Each modular unit is interconnected in electrical parallel with a two-wire conductor by a so-called "vampire" connector which allows releasably adjustable positioning anywhere along the conductor. Such vampire connectors provide two pointed contact elements that pierce the insulation on a conductor to contact the conducting wires carried therein to power the individual module, but yet allow removal and replacement of the connector as desired with subsequent reformation of the resilient insulating element about the conducting wires. This type of interconnection is allowed especially by reason of the low voltage power supply of my system which provides substantial safety from injury caused by shorts or improper or incomplete resealing of the insulation about the electrical wires. The modular nature of the several heating pads allows use of my system on surfaces of varying configurations by use of varying numbers and arrays of modules to make system use almost universal in nature.

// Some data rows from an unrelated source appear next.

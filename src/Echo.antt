-- ===== src/Echo.antt =====
-- core/src/cubes/echo/feed.ts: which rows of the activity log its reader sees, and by which cursor
-- the log is read. `page` is the query of core/src/pg/activity.ts; the log is the table of rows with
-- the newest first, as the query orders it.
pub mod Paging
pub mod Comments
pub mod Authorship
use qwbe.Prelude.{
  ℕ, min, max, String, Bool, true, false, Option, none, some, List, [], ◌∷◌, ◌==◌, ◌&&◌, contains,
  filter, take, ltb, or_this, is_some, if◌then◌else◌,
}
use qwbe.Kernel.Paging.{max_limit}

-- `ActivityRow`, as far as the feed decides by it
pub record ActivityRow : Type 0 where
  pub id : ℕ
  pub cube : String
  pub entity_type : String
  pub row_id : String

pub record FeedTargetMeta : Type 0 where
  pub capture : Option String
  pub read_cap : Option String

pub record FeedRouteMeta : Type 0 where
  pub method : String
  pub permission : Option String

-- the routes of a cube that the feed looks at
pub record ReadRoutes : Type 0 where
  pub get : Option FeedRouteMeta
  pub list : Option FeedRouteMeta

abbrev held : List String → Option String → Option String
held permissions none = none
held permissions (some p) = if contains permissions p then some p else none

abbrev cap_of : Option FeedRouteMeta → List String → Option String
cap_of none permissions = none
cap_of (some route) permissions =
    if route.method == "GET" then held permissions route.permission else none

-- `readRouteCap`
unfoldable pub read_route_cap : Option ReadRoutes → List String → Option String
read_route_cap none permissions = none
read_route_cap (some routes) permissions = cap_of (or_this routes.get routes.list) permissions

abbrev captures : Option String → String → Bool
captures none e = false
captures (some capture) e = capture == e

-- `feedRowVisible`
unfoldable pub feed_row_visible : FeedTargetMeta → ActivityRow → Bool → Bool
feed_row_visible meta row target_visible =
    captures meta.capture row.entity_type && (is_some meta.read_cap && target_visible)

abbrev pub last_id : List ActivityRow → Option ℕ
last_id [] = none
last_id (row ∷ []) = some row.id
last_id (row ∷ next ∷ rows) = last_id (next ∷ rows)

pub record FeedPage : Type 0 where
  pub rows : List ActivityRow
  pub next_before : Option ℕ

-- `visiblePage`
unfoldable pub visible_page : List ActivityRow → (ActivityRow → Bool) → FeedPage
visible_page scanned is_visible = record {
  rows = filter is_visible scanned;
  next_before = last_id scanned;
}

abbrev pub before : Option ℕ → ActivityRow → Bool
before none row = true
before (some id) row = ltb row.id id

abbrev pub page_size : ℕ → ℕ
page_size limit = min (max 1 limit) max_limit

-- `page`, of the whole log or one cube's
unfoldable pub page : List ActivityRow → ℕ → Option ℕ → List ActivityRow
page log limit before_id = take (page_size limit) (filter (before before_id) log)
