-- ===== src/Kernel/Platform.antt =====
-- What the program takes from outside: drawn ids, the clock, and two answers of Postgres.
use qwbe.Prelude.{ℕ, String, Bool}

pub record Platform : Type 0 where
  -- `newId`: the id that the n-th draw of random bytes gives, behind a prefix.
  pub new_id : String → ℕ → String
  -- `DateTime.formatIso(yield* DateTime.now)` at the n-th draw.
  pub now : ℕ → String
  -- the text that `body ->> field` shows for a JSON number
  pub number_text : ℕ → String
  -- whether a text is `ILIKE` a pattern
  pub ilike : (pattern text : String) → Bool
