-- ===== src/Permissions/Model.antt =====
-- core/src/permissions-model.ts and core/src/permissions-schemas.ts: the data of the permission
-- service, `grantAccess` and `matchesVisibilityView`.
use qwbe.Prelude.{
  ℕ, String, Bool, true, false, not, ◌&&◌, Option, none, some, List, [], ◌∷◌, ◌==◌, any, filter,
  contains, join, ltb, nat_eq, if◌then◌else◌,
}

pub data GrantAction : Type 0 where
  read create edit delete share transfer : GrantAction

-- `EntityActions`, and `TotalActions`.
abbrev pub total_actions : List GrantAction
total_actions = read ∷ create ∷ edit ∷ delete ∷ share ∷ transfer ∷ []

abbrev pub action_name : GrantAction → String
action_name read = "read"
action_name create = "create"
action_name edit = "edit"
action_name delete = "delete"
action_name share = "share"
action_name transfer = "transfer"

abbrev action_code : GrantAction → ℕ
action_code read = 0
action_code create = 1
action_code edit = 2
action_code delete = 3
action_code share = 4
action_code transfer = 5

abbrev pub same_action : GrantAction → GrantAction → Bool
same_action a b = nat_eq (action_code a) (action_code b)

-- `actions.includes(action)`.
abbrev pub includes : List GrantAction → GrantAction → Bool
includes actions action = any (same_action action) actions

pub record Actor : Type 0 where
  pub user_id : String
  pub roles : List String

pub record EntityRef : Type 0 where
  pub cube : String
  pub entity_type : String
  pub entity_id : String

pub data Subject : Type 0 where
  user group : String → Subject

-- An ownership row's body; a row written before the last two fields existed lacks them.
pub record Ownership : Type 0 where
  pub ref : EntityRef
  pub owner_id : String
  pub created_by : String
  pub entity_key : Option String
  pub shared_with_count : Option ℕ

pub record EntityGrant : Type 0 where
  pub ref : EntityRef
  pub entity_key : Option String
  pub subject : Subject
  pub actions : List GrantAction
  pub created_by : String

pub data Source : Type 0 where
  superadmin cube_admin owner grant no_source : Source

pub record AccessDecision : Type 0 where
  pub allowed : Bool
  pub source : Source

pub data AccessSource : Type 0 where
  by_owner by_creator by_user_grant by_group_grant by_cube_admin by_superadmin : AccessSource

-- `AccessProvenance`: why a row is seen.
pub record Access : Type 0 where
  pub source : AccessSource
  pub name : String
  pub actions : List GrantAction

pub record EntityVisibility : Type 0 where
  pub ref : EntityRef
  pub owner_id : String
  pub created_by : String
  pub created_at : String
  pub access : Access
  pub hidden : Bool
  pub shared_with_count : ℕ

pub data VisibilityView : Type 0 where
  all owned_by_me created_by_me only_mine shared_by_me shared_with_me hidden_by_me : VisibilityView

-- whether a subject is the user or one of the user's groups
abbrev pub names_user : String → List String → Subject → Bool
names_user user_id group_ids (user u) = u == user_id
names_user user_id group_ids (group g) = contains group_ids g

abbrev pub is_user : Subject → Bool
is_user (user u) = true
is_user (group g) = false

-- `groups`, the ids of the groups that the grants name
abbrev pub group_ids_of : List EntityGrant → List String
group_ids_of [] = []
group_ids_of (g ∷ gs) = elim g.subject [
  | user u ↦ group_ids_of gs
  | group id ↦ id ∷ group_ids_of gs
]

-- the actions that some grant of the list gives, in the order of `EntityActions`
abbrev pub granted_actions : List EntityGrant → List GrantAction
granted_actions grants =
    filter (λ action. any (λ (g : EntityGrant). includes g.actions action) grants) total_actions

abbrev pub group_access : List String → List GrantAction → Option Access
group_access [] actions = none
group_access (g ∷ gs) actions =
    some (record { source = by_group_grant; name = join ", " (g ∷ gs); actions = actions })

-- `grantAccess`
unfoldable pub grant_access : String → List String → List EntityGrant → Option Access
grant_access user_id group_ids grants =
    let applicable = filter (λ (g : EntityGrant). names_user user_id group_ids g.subject) grants in
    let actions = granted_actions applicable in
    if any (λ (g : EntityGrant). is_user g.subject) applicable
    then some (record { source = by_user_grant; name = user_id; actions = actions })
    else group_access (group_ids_of applicable) actions

-- `matchesVisibilityView`
unfoldable pub matches_visibility_view : EntityVisibility → String → VisibilityView → Bool
matches_visibility_view row user_id all = not row.hidden
matches_visibility_view row user_id owned_by_me = row.owner_id == user_id && not row.hidden
matches_visibility_view row user_id created_by_me = row.created_by == user_id && not row.hidden
matches_visibility_view row user_id only_mine =
    row.owner_id == user_id && (nat_eq row.shared_with_count 0 && not row.hidden)
matches_visibility_view row user_id shared_by_me =
    row.owner_id == user_id && (ltb 0 row.shared_with_count && not row.hidden)
matches_visibility_view row user_id shared_with_me = not (row.owner_id == user_id) && not row.hidden
matches_visibility_view row user_id hidden_by_me = row.hidden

Most heated mats heretofore known that have been electrically powered have used ordinary household type electric current providing electrical power of a single phase alternating nature at one hundred twenty volts. My invention is distinguished from these devices by providing resistive heating elements that are powered by current preferably of not more than fifty volts and of either alternating or direct nature. This type of current not only avoids wastage as aforesaid but also is universally safe for use with humans or animals, even in the severe environments in which heating mats are commonly used. Even if an electrical short circuit should accidentally occur or if current should pass through a user to some ground source, the voltage is low enough so as to cause no physical injury or harm to either human or lower animal. The lower voltage also limits the amount of power that is distributed to the several mat units and provides a maximum potential power to provide an absolute limit of power usage for automatic non-thermostatic control. The powering system may provide a transformer so that ordinary commonly available household current may be used to power the system and includes traditional switching means to maintain the system in either condition for a predetermined time interval.
A heated mat system is particularly adapted for use on or about entry portals where foot traffic is concentrated and configurational parameters commonly quite limited, such as about doorways and on stairs leading thereto or therefrom in both structures and vehicles. With use of my mat structure in vehicles, it should be particularly noted that many commercial vehicles provide a low voltage powering system that is available for powering the system and if not, powering systems provided may be easily transformed to a low voltage current. If desired, my invention may be operated at either higher or lower voltages with appropriate modification of the electrical components.
My invention resides not in any one of these features per se, but rather in the synergistic combination of all of the structures of my system that combine synergistically to provide the functions necessarily flowing therefrom, as herein specified and claimed.